MensagemEnviado: 3/4/2007 16:51
por ZiLeão
Acções americanas negoceiam com o maior desconto em 20 anos

Os Estados Unidos têm sido um mercado "non grata" para os investidores que, nos últimos anos, direccionaram as suas apostas para outras regiões do globo, em particular a Europa e os mercados emergentes. Mas a rápida subida dos lucros sem reflexo na cotação das empresas fez com que o prémio das acções face às obrigações de dívida pública esteja no nível mais alto em 20 anos.

Patrícia Silva Dias
patriciadias@mediafin.pt

Os Estados Unidos têm sido um mercado "non grata" para os investidores que, nos últimos anos, direccionaram as suas apostas para outras regiões do globo, em particular a Europa e os mercados emergentes.

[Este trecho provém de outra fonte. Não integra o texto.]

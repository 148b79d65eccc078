-- ===== src/CLib/Printer.antt =====
-- pset3/lib.cc: print_number, the conversion of a number for printf, and string_printer with the
-- buffer of vsnprintf. A format's output is the list of the bytes that vprintf hands to `putc`.
pub mod Buffer
pub mod Digits
pub mod Format
use cs61_f26_psets.Common.{
  ℕ, zero, suc, ◌+◌, ◌-◌, ◌*◌, ◌/◌, ◌%◌, Bool, true, false, not, ◌&&◌, Option, none, some, List, [],
  ◌∷◌, ltb, ◌==◌, if◌then◌else◌, codes, get_or,
}
use cs61_f26_psets.Common.Memory.{Memory, store}

-- `string_printer`
pub record StringPrinter : Type 0 where
  pub s : ℕ
  pub end : ℕ
  pub n : ℕ
  pub memory : Memory

-- `string_printer::putc`
unfoldable pub putc : StringPrinter → ℕ → StringPrinter
putc sp c =
    if ltb sp.s sp.end
    then record {
      s = sp.s + 1;
      end = sp.end;
      n = sp.n + 1;
      memory = store sp.memory sp.s (c % 256);
    }
    else record sp { n = sp.n + 1 }

-- `vprintf` into a string_printer: one `putc` for every byte of the output.
unfoldable pub print_all : StringPrinter → List ℕ → StringPrinter
print_all sp [] = sp
print_all sp (c ∷ cs) = print_all (putc sp c) cs

-- `vsnprintf`, given the output of its format: the memory that it leaves and its result.
unfoldable pub vsnprintf : Memory → ℕ → ℕ → List ℕ → Memory × ℕ
vsnprintf m s size output =
    let sp = print_all (record { s = s; end = s + size; n = 0; memory = m }) output in
    (
      if not (size == 0) && ltb sp.s sp.end
          then store sp.memory sp.s 0
          else if not (size == 0)
          then store sp.memory (sp.end - 1) 0
          else sp.memory,
      sp.n,
    )

-- Entry `d`, one of 16, of `upper_digits` or of `lower_digits`.
abbrev pub digit_byte : Bool → ℕ → ℕ
digit_byte upper d =
    if ltb d 10 then b'0' + d else if upper then b'A' + (d - 10) else b'a' + (d - 10)

-- `pos == thousands_pos`; no pointer is nullptr.
abbrev pub at_thousands : Option ℕ → ℕ → Bool
at_thousands none pos = false
at_thousands (some p) pos = pos == p

-- The digits between two separators.
abbrev pub group : ℕ → ℕ
group base = if base == 10 then 3 else 4

-- The loop of `print_number`, with `left` bytes of the buffer before `pos`.
unfoldable pub number_from : Memory → ℕ → ℕ → Bool → Option ℕ → ℕ → ℕ → Memory × ℕ
number_from m buf base upper thousands zero value = (m, buf)
number_from m buf base upper thousands (suc left) value =
    let comma = store m (buf + left) (if base == 10 then b',' else b'\'') in
    let digit = store m (buf + left) (digit_byte upper (value % base)) in
    elim (at_thousands thousands (buf + suc left)) [
      | true ↦ elim (value == 0) [
        | true ↦ (comma, buf + left)
        | false ↦ number_from comma buf base upper (some (buf + left - group base)) left value
      ]
      | false ↦ elim (value / base == 0) [
        | true ↦ (digit, buf + left)
        | false ↦ number_from digit buf base upper thousands left (value / base)
      ]
    ]

-- `print_number` for a base above 0 (`upper`) or below, and FLAG_THOUSANDS or not: the memory and
-- the returned pointer.
unfoldable pub print_number : Memory → ℕ → ℕ → ℕ → ℕ → Bool → Bool → Memory × ℕ
print_number m buf sz value base upper thousands =
    let pos = buf + sz - 1 in
    number_from (store m pos 0) buf base upper (if thousands then some (pos - group base) else none)
      (sz - 1) value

Mas a rápida subida dos lucros sem reflexo na cotação das empresas fez com que o prémio das acções face às obrigações de dívida pública esteja no nível mais alto em 20 anos.

Desde 1986 que a "earnings yeild" (quociente entre os lucros por acção e a cotação de uma determinada empresa) das acções americanas não atingia uma diferença tão significativa em relação às "yeilds" das obrigações de dívida pública americanas, conhecidas por "treasuries".

Dados da agência Bloomberg indicam que os lucros por acção das empresas do índice de referência S&P500 atingiram os 92,76 dólares, valor que corresponde a uma rentabilidade de 6,53% e que compara com os 4,65% das "treasuries".

Esta vantagem de 1,88 pontos percentuais para as acções americanas é a maior desde 1986, indicando uma boa oportunidade de compra para os investidores. É que, de acordo com o conhecido modelo da Fed, quanto mais elevada for a rentabilidade dos lucros das acções em comparação com as obrigações, mais baratas estão as acções. Este modelo foi apresentado pela primeira vez em 1997, pelo então presidente da Reserva Federal Alan Greenspan.

Ordem para comprar

Face aos actuais valores, os analistas não hesitam: o "bull market" não terminou. Mesmo depois da recente correcção das bolsas mundiais, que teve início com a crise da China e que se agravou com o alerta de Alan Greenspan para uma possível recessão económica nos Estados Unidos, os analistas defendem que os actuais níveis deverão ser interpretados como um sinal de compra.

"A diferença é significativa o suficiente para investir", afirmou à Bloomberg Robert Doll, responsável pela gestão de mais de 1,1 biliões de dólares na BlackRock Merrill Lynch.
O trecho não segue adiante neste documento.